→ Exercise details: Work out how many lines of the listing below include the string "quote", and give that number alone.

→ Information shown:
------------------------------

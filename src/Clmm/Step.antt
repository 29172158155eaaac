-- ===== src/Clmm/Step.antt =====
-- quote/clmm.rs: the amounts between two square-root prices, and one step of a swap.
mod Tests
pub mod Deltas
pub mod Move
pub mod Laws
use flow_trades_solana.Base.{
  ℕ, ◌+◌, ◌-◌, ◌*◌, ◌/◌, ◌^◌, min, max, Bool, true, false, not, Option, none, some, ◌||◌, ◌&&◌, ltb,
  leb, ◌==◌, if◌then◌else◌, ◌>>=◌, ◌>>◌, refuse_if, checked_sub, checked_add, u64_max, fit,
}
use flow_trades_solana.Clmm.Wide.{
  u256_max, to_u128, wide_mul, mul_div_256, mul_div_floor, mul_div_ceil,
}
use flow_trades_solana.Clmm.Price.{q64}

abbrev pub fee_denominator_ppm : ℕ
fee_denominator_ppm = 1_000_000

-- The two prices in order; the lower one must be positive.
unfoldable pub amount0_delta : (a b liquidity : ℕ) → Bool → Option ℕ
amount0_delta a b liquidity round_up = do
  refuse_if (min a b == 0)
  q ←
      mul_div_256 (wide_mul liquidity (max a b - min a b)) (2 ^ 64) (wide_mul (min a b) (max a b))
        round_up
  to_u128 q

unfoldable pub amount1_delta : (a b liquidity : ℕ) → Bool → Option ℕ
amount1_delta a b liquidity round_up =
    if round_up
    then mul_div_ceil liquidity (max a b - min a b) q64
    else mul_div_floor liquidity (max a b - min a b) q64

unfoldable pub next_sqrt_price_from_input : (sqrt_p liquidity amount : ℕ) → Bool → Option ℕ
next_sqrt_price_from_input sqrt_p liquidity amount a_to_b =
    if liquidity == 0 || sqrt_p == 0
    then none
    else if amount == 0
    then some sqrt_p
    else if a_to_b
    then (do
      let num = liquidity * 2 ^ 64
      denom ← fit u256_max (num + wide_mul amount sqrt_p)
      q ← mul_div_256 num sqrt_p denom true
      to_u128 q)
    else (mul_div_floor amount q64 liquidity >>= checked_add sqrt_p)

-- (input, output)
unfoldable pub deltas_to : (sqrt_p target liquidity : ℕ) → Bool → Option (ℕ × ℕ)
deltas_to sqrt_p target liquidity a_to_b = do
  a_in ←
      if a_to_b
      then amount0_delta target sqrt_p liquidity true
      else amount1_delta sqrt_p target liquidity true
  a_out ←
      if a_to_b
      then amount1_delta target sqrt_p liquidity false
      else amount0_delta sqrt_p target liquidity false
  if leb a_in u64_max && leb a_out u64_max then some (a_in, a_out) else none

-- Where a step ends: the price, and the input and output up to it.
pub record Moved : Type 0 where
  pub next : ℕ
  pub amount_in : ℕ
  pub amount_out : ℕ

-- The target is out of reach: as far as the input goes.
move_short : (sqrt_p liquidity for_price : ℕ) → Bool → Option Moved
move_short sqrt_p liquidity for_price a_to_b = do
  next ← next_sqrt_price_from_input sqrt_p liquidity for_price a_to_b
  (a_in, a_out) ← deltas_to sqrt_p next liquidity a_to_b
  some (record { next = next; amount_in = a_in; amount_out = a_out })

unfoldable pub move : (sqrt_p target liquidity for_price : ℕ) → Bool → Option Moved
unfolding move_short
move sqrt_p target liquidity for_price a_to_b =
    let short = move_short sqrt_p liquidity for_price a_to_b in
    elim (deltas_to sqrt_p target liquidity a_to_b) [
      | none ↦ short
      | some (a_in, a_out) ↦
          if leb a_in for_price
          then some (record { next = target; amount_in = a_in; amount_out = a_out })
          else short
    ]

pub record Step : Type 0 where
  pub next : ℕ
  pub used : ℕ
  pub got : ℕ

-- The fee, on the side where it is taken. The rate is below the denominator at every call, so that the
-- output covers its fee.
charge : (target remaining fee_ppm : ℕ) → Bool → Moved → Option Step
charge target remaining fee_ppm fee_on_input m =
    let reached = m.next == target in
    if fee_on_input
    then (do
      fee ←
          if reached
          then mul_div_ceil m.amount_in fee_ppm (fee_denominator_ppm - fee_ppm)
          else checked_sub remaining m.amount_in
      used ← checked_add m.amount_in fee
      some (record { next = m.next; used = used; got = m.amount_out }))
    else (do
      fee ← mul_div_ceil m.amount_out fee_ppm fee_denominator_ppm
      let used = if reached then m.amount_in else remaining
      some (record { next = m.next; used = used; got = m.amount_out - fee }))

unfoldable pub swap_step :
    (sqrt_p target liquidity remaining fee_ppm : ℕ) → (a_to_b fee_on_input : Bool) → Option Step
unfolding charge
swap_step sqrt_p target liquidity remaining fee_ppm a_to_b fee_on_input = do
  for_price ←
      if fee_on_input
      then mul_div_floor remaining (fee_denominator_ppm - fee_ppm) fee_denominator_ppm
      else some remaining
  m ← move sqrt_p target liquidity for_price a_to_b
  refuse_if (if a_to_b then ltb m.next target else ltb target m.next)
  charge target remaining fee_ppm fee_on_input m
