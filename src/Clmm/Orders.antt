-- ===== src/Clmm/Orders.antt =====
-- quote/clmm.rs: limit orders resting on a tick. Sums of `u128` that the source does not check wrap
-- around; a division by a zero price, where it panics, is `none`. The rate is below the denominator.
mod Tests
pub mod Laws
use flow_trades_solana.Base.{
  ℕ, ◌+◌, ◌-◌, ◌*◌, ◌/◌, ◌%◌, ◌^◌, Bool, Option, none, some, ◌||◌, ltb, leb, ◌==◌, if◌then◌else◌,
  ◌>>=◌, ◌>>◌, refuse_if, checked_add, fit,
}
use flow_trades_solana.Clmm.Wide.{to_u128, mul_div_floor, mul_div_ceil}
use flow_trades_solana.Clmm.Price.{q64}
use flow_trades_solana.Clmm.Step.{fee_denominator_ppm}

abbrev pub wrapping_add : ℕ → ℕ → ℕ
wrapping_add a b = (a + b) % 2 ^ 128

-- The input that buys every order token, before its fee.
fusion_full_in : (unfilled tick_sqrt_price : ℕ) → Bool → Option ℕ
fusion_full_in unfilled tick_sqrt_price a_to_b =
    let sq = tick_sqrt_price * tick_sqrt_price in
    let num = unfilled * 2 ^ 128 in
    let v = unfilled * (sq / 2 ^ 64) in
    if a_to_b
    then (do refuse_if (sq == 0); to_u128 (if num % sq == 0 then num / sq else num / sq + 1))
    else (do q ← to_u128 (v / 2 ^ 64); some (if v % 2 ^ 64 == 0 then q else wrapping_add q 1))

-- (input consumed incl. fee, output)
unfoldable pub fill_fusion_orders :
    (unfilled remaining tick_sqrt_price fee_ppm : ℕ) → Bool → Option (ℕ × ℕ)
unfolding fusion_full_in
fill_fusion_orders unfilled remaining tick_sqrt_price fee_ppm a_to_b =
    if unfilled == 0 then some (0, 0) else (do
      full_in ← fusion_full_in unfilled tick_sqrt_price a_to_b
      full_fee ← mul_div_ceil full_in fee_ppm (fee_denominator_ppm - fee_ppm)
      if leb (wrapping_add full_in full_fee) remaining
          then some (wrapping_add full_in full_fee, unfilled)
          else (do
            fee ← mul_div_ceil remaining fee_ppm fee_denominator_ppm
            out ← mul_div_floor unfilled (remaining - fee) full_in
            some (remaining, out)))

pub record Match : Type 0 where
  pub used : ℕ
  pub got : ℕ
  pub filled : ℕ

-- What the input buys at the price, and what it costs to buy all the orders.
bought : (amount_in price : ℕ) → Bool → Option ℕ
bought amount_in price a_to_b =
    if a_to_b then mul_div_floor amount_in price q64 else mul_div_floor amount_in q64 price

cost : (unfilled price : ℕ) → Bool → Option ℕ
cost unfilled price a_to_b =
    if a_to_b then mul_div_ceil unfilled q64 price else mul_div_ceil unfilled price q64

record Priced : Type 0 where
  pub amount_in : ℕ
  pub fee : ℕ
  pub amount_out : ℕ

-- The orders are all filled, or as many as the input buys.
priced : (unfilled amount_in fee price fee_ppm : ℕ) → (a_to_b fee_on_input : Bool) → Option Priced
priced unfilled amount_in fee price fee_ppm a_to_b fee_on_input = do
  matched ← bought amount_in price a_to_b
  if ltb unfilled matched
      then (do
        whole ← cost unfilled price a_to_b
        whole_fee ←
            if fee_on_input
            then mul_div_ceil whole fee_ppm (fee_denominator_ppm - fee_ppm)
            else some fee
        some (record { amount_in = whole; fee = whole_fee; amount_out = unfilled }))
      else some (record { amount_in = amount_in; fee = fee; amount_out = matched })

-- The fee taken from the whole input, where it is.
input_fee : (remaining fee_ppm : ℕ) → Bool → Option ℕ
input_fee remaining fee_ppm fee_on_input =
    if fee_on_input then mul_div_ceil remaining fee_ppm fee_denominator_ppm else some 0

-- With the fee on the side where it is taken.
settle : (fee_ppm : ℕ) → Bool → Priced → Option Match
settle fee_ppm fee_on_input p =
    if fee_on_input
    then (do
      used ← checked_add p.amount_in p.fee
      some (record { used = used; got = p.amount_out; filled = p.amount_out }))
    else (do
      out_fee ← mul_div_ceil p.amount_out fee_ppm fee_denominator_ppm
      some (record { used = p.amount_in; got = p.amount_out - out_fee; filled = p.amount_out }))

unfoldable pub match_limit_orders :
    (unfilled remaining tick_sqrt_price fee_ppm : ℕ) → (a_to_b fee_on_input : Bool) → Option Match
unfolding input_fee priced settle bought cost
match_limit_orders unfilled remaining tick_sqrt_price fee_ppm a_to_b fee_on_input =
    if unfilled == 0 || remaining == 0 then some (record { used = 0; got = 0; filled = 0 }) else (do
      let sq = tick_sqrt_price * tick_sqrt_price
      let prod = if a_to_b then sq else sq + (q64 - 1)
      price ← to_u128 (prod / 2 ^ 64)
      fee ← input_fee remaining fee_ppm fee_on_input
      p ← priced unfilled (remaining - fee) fee price fee_ppm a_to_b fee_on_input
      settle fee_ppm fee_on_input p)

------------------------------

→ Solution below: 2